Cuando vamos calle abajo por Jeanne Karen en La máquina verde

Hace más de veinte años que aprendí a conducir un vehículo, hace casi cuarenta, me subí por primera vez a una bicicleta. La bici me costó mucho más trabajo manejarla, esa situación de agarrar los manubrios, pedalear, mirar para todos lados, bajar los pies cuando necesitaba pararla, por alguna razón no confiaba mucho en meter el freno de forma intempestiva, creo que se debió al primer porrazo que me llevé al internar andar en ella, pero al final lo hice, el equilibrio llegó a mi cuerpo.

Lo que recuerdo con más amor, con claridad, con todas mis ganas, es la forma en que me animé, la forma en que arranqué, el minuto en el que por fin decidí levantar mis pequeños pies del suelo, era un suelo de tierra, bastante más agradable que uno de asfalto.

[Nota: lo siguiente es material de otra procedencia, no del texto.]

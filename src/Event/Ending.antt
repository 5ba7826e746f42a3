-- ===== src/Event/Ending.antt =====
-- src/runtime/vm_event.c: the drain of a quiet queue ends.
use cscript.Prelude.{
  ℕ, zero, suc, ◌+◌, ◌≤◌, ◌≡◌, refl, ap, arith, Bool, true, false, List, [], ◌∷◌, map, Option, none,
  some, inl, inr, Bool-cases,
}
use mathlib.Core.Path.{subst}
use cscript.Value.{Value, undefined}
use cscript.Event.{
  State, fulfilled, rejected, Microtask, new_promise, World, Machine, promise, is_pending,
  as_promise, plain_task, settle, fulfill, task_of,
}
use cscript.Event.Runs.{Ran, ran, run_microtask, pass_by, settle_result}
use cscript.Event.Passing.{run_by-passes}
use cscript.Event.Drain.{drain_from, drain}
use cscript.Event.Quiet.{
  Every, Every-append, Every-set, Every-get_or, total, total-append, total-set, turns,
  promise_turns, all_turns, QuietTask, QuietPromise, Quiet, queued-QuietTask, queued-turns,
}

-- A quiet world whose turns are at most `n`.
record Calm (m : Machine) (w : World) (n : ℕ) : Type 0 where
  quiet : Quiet m w
  bound : all_turns w ≤ n

settle-Calm :
    (m : Machine) (p : ℕ) (st : State) (v : Value) (w : World)
    → Quiet m w
    → as_promise m v ≡ none
    → Calm m (settle p st v w) (all_turns w)
unfolding settle
settle-Calm m p st v w h f = elim (Bool-cases (is_pending (promise w p).state)) [
  | inl e ↦
      let waiting = Every-get_or QuietPromise w.promises p new_promise tt h.promises in
      rw e (record {
        quiet = record {
          tasks =
              Every-append (QuietTask m) w.queue _ h.tasks
                (queued-QuietTask m st v (promise w p).reactions f waiting);
          promises = Every-set QuietPromise w.promises p _ tt h.promises;
        };
        bound = omega (
          arith,
          total-append turns w.queue (map (task_of st v) (promise w p).reactions),
          queued-turns st v (promise w p).reactions waiting,
          total-set promise_turns w.promises p
              (record { state = st; value = v; reactions = []; handled = (promise w p).handled })
              new_promise refl,
        );
      })
  | inr e ↦ rw e (record { quiet = h; bound = omega arith })
]

settle_result-Calm :
    (m : Machine) (r : Option ℕ) (b : Bool) (v : Value) (w : World)
    → Quiet m w
    → as_promise m v ≡ none
    → Calm m (settle_result m r b v w) (all_turns w)
unfolding fulfill
settle_result-Calm m none b v w h f = record { quiet = h; bound = omega arith }
settle_result-Calm m (some p) true v w h f = settle-Calm m p rejected v w h f
settle_result-Calm m (some p) false v w h f = elim (Bool-cases (is_pending (promise w p).state)) [
  | inl e ↦ rw (e, f) (settle-Calm m p fulfilled v w h f)
  | inr e ↦ rw e (record { quiet = h; bound = omega arith })
]

pass_by-Calm :
    (m : Machine) (n : ℕ) (t : Microtask) (w : World)
    → Quiet m w
    → as_promise m t.argument ≡ none
    → Calm m (pass_by m n t w) (n + all_turns w)
pass_by-Calm m zero t w h f =
    let c = settle_result-Calm m t.result t.is_rejection t.argument w h f in
    record { quiet = c.quiet; bound = omega (arith, c.bound) }
pass_by-Calm m (suc n) t w h f =
    let again : Microtask = record (plain_task undefined t.argument t.result t.is_rejection) {
      extra_hops = n;
    } in
    record {
      quiet = record {
        tasks =
            Every-append (QuietTask m) w.queue _ h.tasks
              (record { no_fiber = refl; no_combine = refl; no_handler = refl; flat = f }, tt);
        promises = h.promises;
      };
      bound = omega (arith, total-append turns w.queue (again ∷ []));
    }

-- How a drain of a quiet queue ends.
abbrev Ended : Option Ran → Type 0
Ended o = (out : World) × (o ≡ some (ran out)) × (out.queue ≡ [])

drain_from-ends :
    (m : Machine) (n : ℕ) (ts : List Microtask) (w : World)
    → w.queue ≡ ts
    → Calm m w n
    → Ended (drain_from m n ts w)
unfolding drain_from run_microtask
drain_from-ends m n [] w e c = (w, refl, e)
drain_from-ends m zero (t ∷ ts) w e c = absurd (omega (arith, c.bound, ap (total turns) e))
drain_from-ends m (suc n) (t ∷ ts) w e c =
    let (q, tasks) = subst (Every (QuietTask m)) e c.quiet.tasks in
    let rest : World = record w { queue = ts } in
    let after =
      pass_by-Calm m t.extra_hops t rest (record { tasks = tasks; promises = c.quiet.promises })
        q.flat in
    let out = pass_by m t.extra_hops t rest in
    rw
      (
        run_by-passes m t t.fiber t.combine_state rest q.no_fiber q.no_combine q.no_handler,
        drain_from,
      )
      (drain_from-ends m n out.queue out refl (record {
        quiet = after.quiet;
        bound = omega (arith, after.bound, c.bound, ap (total turns) e);
      }))

-- When no task in the queue and no reaction that waits has a fiber, a combinator or a handler, and no task
-- carries a promise, as many runs as the tasks and the reactions have turns in all drain the queue: no run
-- fails, and the queue is empty.
pub drain-ends :
    (m : Machine) (w : World)
    → Quiet m w
    → (out : World) × (drain m (all_turns w) w ≡ some (ran out)) × (out.queue ≡ [])
drain-ends m w h =
    drain_from-ends m (all_turns w) w.queue w refl (record { quiet = h; bound = omega arith })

Allá iba yo con el primer impulso, con la sonrisa en el rostro, pero, ¡paren un segundo!, también iba con una cosa que sentí justo en ese instante: la incertidumbre.

Y vaya sensación extraña, allá iba calle abajo, pero ¿para dónde, cómo, qué fuerza estaba llevando a mi yo pequeña a qué lugar?

No sé cómo hicieron ustedes en su infancia o cuando aprendieron a hacer algo para zafarse de lo incierto, de esa tela que se posa sobre nuestras cabezas y no deja pasar la luz de la razón, la luz del conocimiento, la luz de lo objetivo. Recuerdo que el primer día que me subí a la bicicleta, en mi cabeza comenzó a maquinarse una historia, así me ayudé a mí misma con cada cosa que sucedía sobre la calle de tierra, me adelanté a los hechos, con inocencia y con dulzura, en mi mente colocaba una hilera de carros adelante, luego un parque, luego un desfile y así, al presentarme los sucesos con antelación, el propio ritmo de mi corazón comenzaba a calmarse, había visto sin ver.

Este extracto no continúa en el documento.